Wenn ich da dann an der PS3 demonstrieren kann, wie der Koop-Modus funzt, dann krieg ich sogar Mütter rum, damit sie ne PS3 kaufen.
Lieder fehlt mit in der Weihnachtszeit die Zeit.


----------



## Kandinata (16. Dezember 2008)

*AW: LittleBigPlanet*



			
				Herbboy am 16.12.2008 01:08 schrieb:
			
		

> allerdings vermute ich, dass der finanzielle aufwand für LBP nicht so groß war wie für "blockbuster" a la eben CoD5 usw. - oder nicht? dann wäre ein hinter den "blockbustern" platzieren ja auch nicht sooo tragisch...
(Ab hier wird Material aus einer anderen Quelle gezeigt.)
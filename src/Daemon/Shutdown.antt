-- ===== src/Daemon/Shutdown.antt =====
-- internal/daemon/server.go: how `Start` ends once its context is over, as the steps of its goroutines:
-- the one that serves, the one that shuts down, the last round of `startStateSnapshot`, and the handlers
-- of the requests in flight. Where the HTTP library is called, the steps are those of its
-- documentation: `Shutdown` stops the listener, makes `ListenAndServe` return at once, and itself
-- returns when no request is in flight or its own context is over. A request in flight may hold the
-- mutex of the serial port, which `Close` of the HAL waits for.
pub mod Exit
use devagent.Base.{ℕ, zero, suc, ◌≡◌, ◌≢◌, ◌⊎◌, Bool, true, false}

-- The goroutine that runs `Start`, and after it `main`.
pub data Serving : Type 0 where
  listening returned exited : Serving

-- The goroutine that waits for the context: after which of its calls it is.
pub data Closing : Type 0 where
  waiting hal_closed mdns_closed shutting_down closed : Closing

pub record Process : Type 0 where
  pub cancelled : Bool
  pub serving : Serving
  pub closing : Closing
  pub accepts : Bool
  pub in_flight : ℕ
  pub port_held : Bool  -- by a request in flight, from `SendURPC` or `SendDCP` on to their end
  pub snapshot_taken : Bool

abbrev pub started : Process
started = record {
  cancelled = false;
  serving = listening;
  closing = waiting;
  accepts = true;
  in_flight = 0;
  port_held = false;
  snapshot_taken = false;
}

-- No step is one of a process that has exited.
pub data Step (p : Process) : Process → Type 0 where
  cancel : p.serving ≢ exited → Step p (record p { cancelled = true })
  accept : p.serving ≢ exited → p.accepts ≡ true → Step p (record p { in_flight = suc p.in_flight })
  hold_port :
      p.serving ≢ exited
      → p.in_flight ≢ 0
      → p.port_held ≡ false
      → Step p (record p { port_held = true })
  release_port : p.serving ≢ exited → p.port_held ≡ true → Step p (record p { port_held = false })
  answer :
      (n : ℕ)
      → p.serving ≢ exited
      → p.in_flight ≡ suc n
      → (p.port_held ≡ false) ⊎ (n ≢ 0)
      → Step p (record p { in_flight = n })
  close_hal :
      p.serving ≢ exited
      → p.cancelled ≡ true
      → p.closing ≡ waiting
      → p.port_held ≡ false
      → Step p (record p { closing = hal_closed })
  close_mdns :
      p.serving ≢ exited → p.closing ≡ hal_closed → Step p (record p { closing = mdns_closed })
  call_shutdown :
      p.serving ≢ exited
      → p.closing ≡ mdns_closed
      → Step p (record p { closing = shutting_down; accepts = false })
  drained :
      p.serving ≢ exited
      → p.closing ≡ shutting_down
      → p.in_flight ≡ 0
      → Step p (record p { closing = closed })
  timed_out :
      p.serving ≢ exited → p.closing ≡ shutting_down → Step p (record p { closing = closed })
  take_snapshot :
      p.serving ≢ exited → p.cancelled ≡ true → Step p (record p { snapshot_taken = true })
  serve_returns :
      p.serving ≡ listening → p.accepts ≡ false → Step p (record p { serving = returned })
  main_returns : p.serving ≡ returned → Step p (record p { serving = exited })

pub data Steps (p : Process) : Process → Type 0 where
  none_more : Steps p p
  more : (q r : Process) → Steps p q → Step q r → Steps p r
Theoretisch sind die Entwicklungskosten erstaunlich niedrig weil man eben keine Ressourcen in Level und Anderes stecken muss, sondern man quasi nur das Programmiertool dem Spieler in die Hand drückt und ihm sagt er darf seine Level selber bauen, und falls ihm das Genre nicht passt dann soll er aus dem Plattformer eben nen Autorenner machen, alles Möglich   

Simpel und Genial, leider nur völlig am Mainstream vorbei...


----------



## McDrake (16. Dezember 2008)

*AW: LittleBigPlanet*



			
				Kandinata am 16.12.2008 01:20 schrieb:
			
		

> Theoretisch sind die Entwicklungskosten erstaunlich niedrig weil man eben keine Ressourcen in Level und Anderes stecken muss, sondern man quasi nur das Programmiertool dem Spieler in die Hand drückt und ihm sagt er darf seine Level selber bauen, und falls ihm das Genre nicht passt dann soll er aus dem Plattformer eben nen Autorenner machen, alles Möglich


Wobei ich glaube, dass eben DAS der grösste Aufwand ist.
Ich persönlich würde gerne Levles mit nem guten Tool erstellen.
Wenn das Tool mal steht, ist der Rest doch einfach, bzw es braucht "nur" kreative Köpfe



> Simpel und Genial, leider nur völlig am Mainstream vorbei...


Wir werden uns hoffentlich noch an "damals" erinnern, als LBP1 rauskam und beinahe in der Versenkung verschwand.
LBP3 (auf der neuen SEGA-Konsole) wird dann DER Hit und wir waren dabei bei der Geburt des Urvaters.
So wies heut bei Deus Ex, Syndicate & co is


----------



## El_Cativo (16. Dezember 2008)

*AW: LittleBigPlanet*



			
				McDrake am 16.12.2008 01:20 schrieb:
			
		

> Mag schon sein. Aber "nicht Gamer" schauen sich sowas nicht an.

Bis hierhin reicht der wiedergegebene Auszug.